Synchronizing marketing, sales and customer service functions via a single automated database tool seems like a simple, common-sense idea. It flows perfectly on the white board and promises a unified and personalized interface with clients and prospects.
The result: internal transparency to account activity, measurement of effectiveness at every point in the sales, a marketing and service continuum, and increased sales and customer retention—business nirvana with an extra helping of internal kumbaya.
The biggest disconnect comes at the point of customer contact—the sales team. Salespeople are paid to sell, yet according to CSO Insights, they typically spend only 41% of their working hours engaged in direct selling activities. Maintaining customer relationship management systems adds yet another layer of administrative responsibility to their plate.
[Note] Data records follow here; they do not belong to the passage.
-- ===== src/Routing/Ratchet.antt =====
-- app/routing/routing_ratchet.py: within a session the path of a cell does not fall below its floor.
pub mod Floors
pub mod Release
use cortex_cognitive_runtime.Prelude.{
  ℕ, ◌-◌, Bool, Option, none, some, List, [], ◌∷◌, ◌++◌, ◌==◌, if◌then◌else◌, String,
  String_discrete, max,
}
use cortex_cognitive_runtime.OrderedDict.{OrderedDict, get, set}
use cortex_cognitive_runtime.OrderedDict.Bounded.{touch_or_create, found_or}
use cortex_cognitive_runtime.Rpe.Cell.{Cell, CellKey, CellKey_discrete, key_of}
use cortex_cognitive_runtime.Routing.Task.{
  RoutePath, RouteDecision, TaskContext, ratchet_floor, cell_of, is_band, band_index, band_at,
}

abbrev pub Floors : Type 0
Floors = OrderedDict CellKey RoutePath

-- RoutingRatchet: the floors of each session, least recently used first.
pub record Ratchet : Type 0 where
  pub floors : OrderedDict String Floors
  pub max_sessions : ℕ

-- `_floors.get(session_id)` and then `.get(cell)`: what the ratchet holds for a cell.
unfoldable pub floor_of : Cell → Ratchet → Option RoutePath
floor_of c r = elim (get String_discrete c.session r.floors) [
  | none ↦ none
  | some fs ↦ get CellKey_discrete (key_of c) fs
]

-- `_band_index` of a floor that may be missing
unfoldable pub floor_index : Option RoutePath → ℕ
unfolding band_index
floor_index none = 0
floor_index (some p) = band_index p

-- `_session_floors`: the floors of the session, and the state after the touch or the creation.
unfoldable pub session_floors : String → Ratchet → Floors × Ratchet
unfolding touch_or_create found_or
session_floors session r = (
  found_or String_discrete session [] r.floors,
  record r { floors = touch_or_create String_discrete r.max_sessions session [] r.floors },
)

-- `self._floors[session][cell] = path`, for a session that is held.
unfoldable pub write_floor : Cell → RoutePath → Floors → Ratchet → Ratchet
write_floor c path fs r = record r {
  floors = set String_discrete c.session (set CellKey_discrete (key_of c) path fs) r.floors;
}

-- `max(override_idx, floor_idx)`
unfoldable pub final_index : RoutePath → Option RoutePath → ℕ
unfolding floor_index band_index
final_index path floor = max (band_index path) (floor_index floor)

-- The decision with the path of the final index; unchanged where that is its own.
unfoldable pub clamped : {F : Type 0} → RouteDecision F → ℕ → RouteDecision F
unfolding band_at band_index
clamped d final = if final == band_index d.path then d else record d {
  path = band_at final;
  reason = d.reason ++ ratchet_floor (band_at final) d.path ∷ [];
}

-- `apply`, behind its two guards
unfoldable pub clamp_up :
    {F : Type 0} → RouteDecision F → Cell → Ratchet → RouteDecision F × Ratchet
unfolding session_floors write_floor final_index band_at clamped
clamp_up d c r =
    let (fs, r') = session_floors c.session r in
    let final = final_index d.path (get CellKey_discrete (key_of c) fs) in
    (clamped d final, write_floor c (band_at final) fs r')

unfoldable pub apply :
    {F : Type 0}
    → RouteDecision F
    → TaskContext F
    → Option String
    → Ratchet
    → RouteDecision F × Ratchet
unfolding clamp_up cell_of is_band
apply d t session r = elim (cell_of t session) [
  | none ↦ (d, r)
  | some c ↦ if is_band d.path then clamp_up d c r else (d, r)
]

-- `lower_floor`: no entry of the order is touched, and a session without floors gets none.
unfoldable pub lower_floor : Cell → RoutePath → Ratchet → Ratchet
unfolding write_floor
lower_floor c path r = elim (get String_discrete c.session r.floors) [
  | none ↦ r
  | some fs ↦ write_floor c path fs r
]

-- `decay_release`: one band down, and not below the baseline.
unfoldable pub decay_release : Cell → RoutePath → Ratchet → Ratchet
unfolding floor_of lower_floor band_index band_at
decay_release c baseline r = elim (floor_of c r) [
  | none ↦ r
  | some current ↦ lower_floor c (band_at (max (band_index baseline) (band_index current - 1))) r
]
Self-preservation often dictates that the salesperson prioritize workloads according to the end game of driving business. As a result, navigating and documenting across multiple screens of CRM tools generally doesn't represent a high priority.
Sales management shares the blame here. Although they desire the forecasting, reporting and account documentation delivered by CRM, they are also under pressure to produce sales. Top-producing salespeople get a free pass from updating the CRM system as long as they are driving sales volume. This begins a domino effect that undermines the most critical link in the CRM chain.
The second point of failure generally comes with the customization process. CRM databases offer huge potential to provide customer insight, new-business intelligence and operational improvements to customer service, operations and marketing. With that potential come wish lists.
The stakeholders involved in a CRM implementation generally all have very valid business needs and wants. Marketing wants the benefits of improved segmentation based on prospect and customer profiling at the contact level, allowing for highly targeted messaging. Customer service needs activity-based information for customer life-cycle management. Operations needs better visibility into product or service demand. Sales management wants information to allow it to overcome sales barriers.
To achieve many of these objectives, organizations need to connect their enterprise resource planning systems and other applications to feed the CRM system. Shipping status, production schedules, accounting information and other information streams need to be integrated to populate a comprehensive customer profile.
The customization process can quickly devolve into granular over-engineering, increasing the cost of implementation and delaying CRM system rollout.
Finally, organizations need to address how to populate a CRM system. Anyone who's ever managed a database can attest to the challenges of aggregating data. Incomplete and inaccurate data from any point in the system can quickly become problematic. This all prompts the question of whether to bother with CRM at all.
Your greatest opportunity for success is internal acceptance. In this case, your top prospect is your sales team. This isn't the time for a sales pitch to them, but rather a consultative sale. Ask the members of your team about their pain points, and really listen. Chances are good that the problem of too little time is at the top of their list. Is forecasting and reporting taking too long? Are calls ineffective? Is it taking too long to close business?
Use these needs to mold your CRM system around your team's processes and its sales cycle. Involve key users in the development or refining of the system. Most important, keep the database simple. To maintain buy-in, remember to keep the conversation going, communicate wins and tweak as needed.
By getting to the heart of your internal customers' needs, it is possible to reach the promised land. This is good news to marketers, sales teams and organizations as we move toward a more intelligent state of customer engagement.